# Emotiva EMC200 VS Audyssey



## musicguy (Nov 28, 2012)

I have a UMC200. Does anybody own both? I am very curious how this UMC200 compares to what i reckon is a industry standard. I really enjoy the UMC200 and use the EMO-Q 2. But how does it compare to other room correction software. 

Should I spend the time to make my own EQ settings. For Home theater what should my EQ setting look like to maximize a BLU-Ray movie. Ie. flat. the bass around 30-80 slightly up?

music guy


----------



## tonyvdb (Sep 5, 2007)

Audyssey is generally the accepted best room correction software. But it depends on the version of Audyssey. Multi EQ XT and XT32 are the best. the lower EQ2 does not filter the sub channel. 
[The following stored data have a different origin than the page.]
-- ===== src/Strategy/Histories.antt =====
-- Every history of a strategy: the calls of its methods, in any order.
use pg_tsy_core_bootstrap.Prelude.{ℕ, String, Bool, true, ok, ◌≡◌, List, [], ◌∷◌, arith, unwrap_or}
use pg_tsy_core_bootstrap.Decimal.{Decimal, IsLawful}
use pg_tsy_core_bootstrap.Float.{Float}
use pg_tsy_core_bootstrap.Types.{Signal, Uuid}
use pg_tsy_core_bootstrap.Strategy.Defs.{StrategyConfig, StrategyMachine, expected}
use pg_tsy_core_bootstrap.Strategy.Machine.{new, on_signal}
use pg_tsy_core_bootstrap.Strategy.Control.{
  on_external_state_unknown, enter_safe_hold, halt, restore_after_reconcile,
}
use pg_tsy_core_bootstrap.Strategy.Progress.{on_intent_fill_progress, on_intent_filled}
use pg_tsy_core_bootstrap.Strategy.Invariant.{
  IsValid, NetFits, start_of, on_signal-IsValid, new-IsValid, on_intent_fill_progress-IsValid,
}

pub data Event (Q F : Type 0) : Type 0 where
  signal : Uuid → Signal F → ℕ → Event Q F
  fill_progress : Uuid → Q → Bool → Event Q F
  intent_filled : Uuid → Event Q F
  external_unknown : String → Event Q F
  safe_hold : String → Event Q F
  halt_for : String → Event Q F
  restore : Q → Event Q F

module _ {Q F : Type 0} ⦃d : Decimal Q⦄ ⦃f : Float F⦄ where
  unfoldable pub step : StrategyMachine Q F → Event Q F → StrategyMachine Q F
  step m (Event.signal fresh s now_ns) = (on_signal m fresh s now_ns).0
  step m (Event.fill_progress id cumulative fully) =
      (on_intent_fill_progress m id cumulative fully).0
  step m (Event.intent_filled id) = (on_intent_filled m id).0
  step m (Event.external_unknown reason) = on_external_state_unknown m reason
  step m (Event.safe_hold reason) = enter_safe_hold m reason
  step m (Event.halt_for reason) = halt m reason
  step m (Event.restore net) = restore_after_reconcile m net

  unfoldable pub run : StrategyMachine Q F → List (Event Q F) → StrategyMachine Q F
  run m [] = m
  run m (e ∷ es) = run (step m e) es

  -- The quantity that `on_intent_filled` reports.
  abbrev pub whole : StrategyMachine Q F → Q
  whole m = unwrap_or (expected m.state.phase m.config.order_quantity (start_of m)) (start_of m)

  -- The positions that the reports of fills lead to can be held exactly.
  abbrev pub EventFits : StrategyMachine Q F → Event Q F → Type 0
  EventFits m (Event.fill_progress id cumulative fully) =
      NetFits m.state.phase (start_of m) cumulative
  EventFits m (Event.intent_filled id) = NetFits m.state.phase (start_of m) (whole m)
  EventFits m _ = Unit

  abbrev pub RunFits : StrategyMachine Q F → List (Event Q F) → Type 0
  RunFits m [] = Unit
  RunFits m (e ∷ es) = EventFits m e × RunFits (step m e) es

module _ {Q F : Type 0} ⦃d : Decimal Q⦄ ⦃f : Float F⦄ (lawful : IsLawful d) where
  on_intent_filled-IsValid :
      (m : StrategyMachine Q F) (id : Uuid)
      → NetFits m.state.phase (start_of m) (whole m)
      → IsValid m
      → IsValid (on_intent_filled m id).0
  unfolding on_intent_filled on_intent_fill_progress
  on_intent_filled-IsValid m id fits h =
      ground (arith, on_intent_fill_progress-IsValid lawful m id (whole m) true)

  step-IsValid :
      (m : StrategyMachine Q F) (e : Event Q F) → EventFits m e → IsValid m → IsValid (step m e)
  unfolding step
  step-IsValid m (Event.signal fresh s now_ns) fits h = on_signal-IsValid lawful m fresh s now_ns h
  step-IsValid m (Event.fill_progress id cumulative fully) fits h =
      on_intent_fill_progress-IsValid lawful m id cumulative fully fits h
  step-IsValid m (Event.intent_filled id) fits h = on_intent_filled-IsValid m id fits h
  step-IsValid m (Event.external_unknown reason) fits h =
      unfold on_external_state_unknown in ground arith
  step-IsValid m (Event.safe_hold reason) fits h = unfold enter_safe_hold in ground arith
  step-IsValid m (Event.halt_for reason) fits h = unfold halt in ground arith
  step-IsValid m (Event.restore net) fits h = unfold restore_after_reconcile in ground arith

  run-IsValid_of :
      (m : StrategyMachine Q F) (es : List (Event Q F))
      → RunFits m es
      → IsValid m
      → IsValid (run m es)
  unfolding run
  run-IsValid_of m [] fits h = h
  run-IsValid_of m (e ∷ es) fits h = run-IsValid_of (step m e) es fits.1 (step-IsValid m e fits.0 h)

  -- With lawful decimals, after any calls on a machine that `new` made, where the positions can be
  -- held exactly: a flat strategy owns nothing, a long or short one owns a position of that sign,
  -- an entry or an exit in flight has its start recorded and the position between its start and
  -- its goal, and outside those four phases and `Unknown` no intent is in flight.
  pub run-IsValid :
      (config : StrategyConfig Q F) (m : StrategyMachine Q F) (es : List (Event Q F))
      → new config ≡ ok m
      → RunFits m es
      → IsValid (run m es)
  run-IsValid config m es made fits = run-IsValid_of m es fits (new-IsValid lawful config m made)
Emotiva's own proprietary EQ is not as good in my opinion but Im sure others will have their own thoughts.


----------



## hjones4841 (Jan 21, 2009)

I agree with Tony. Audyssey has had years of experience to "get it right." Don't get me wrong, Emotiva is fine gear - I have their amps in my system. I am just not sure their room correction is as mature as Audyssey.

My suggestion is to get an AVR with Audyssey XT32. The sub channel EQ feature is very effective.


----------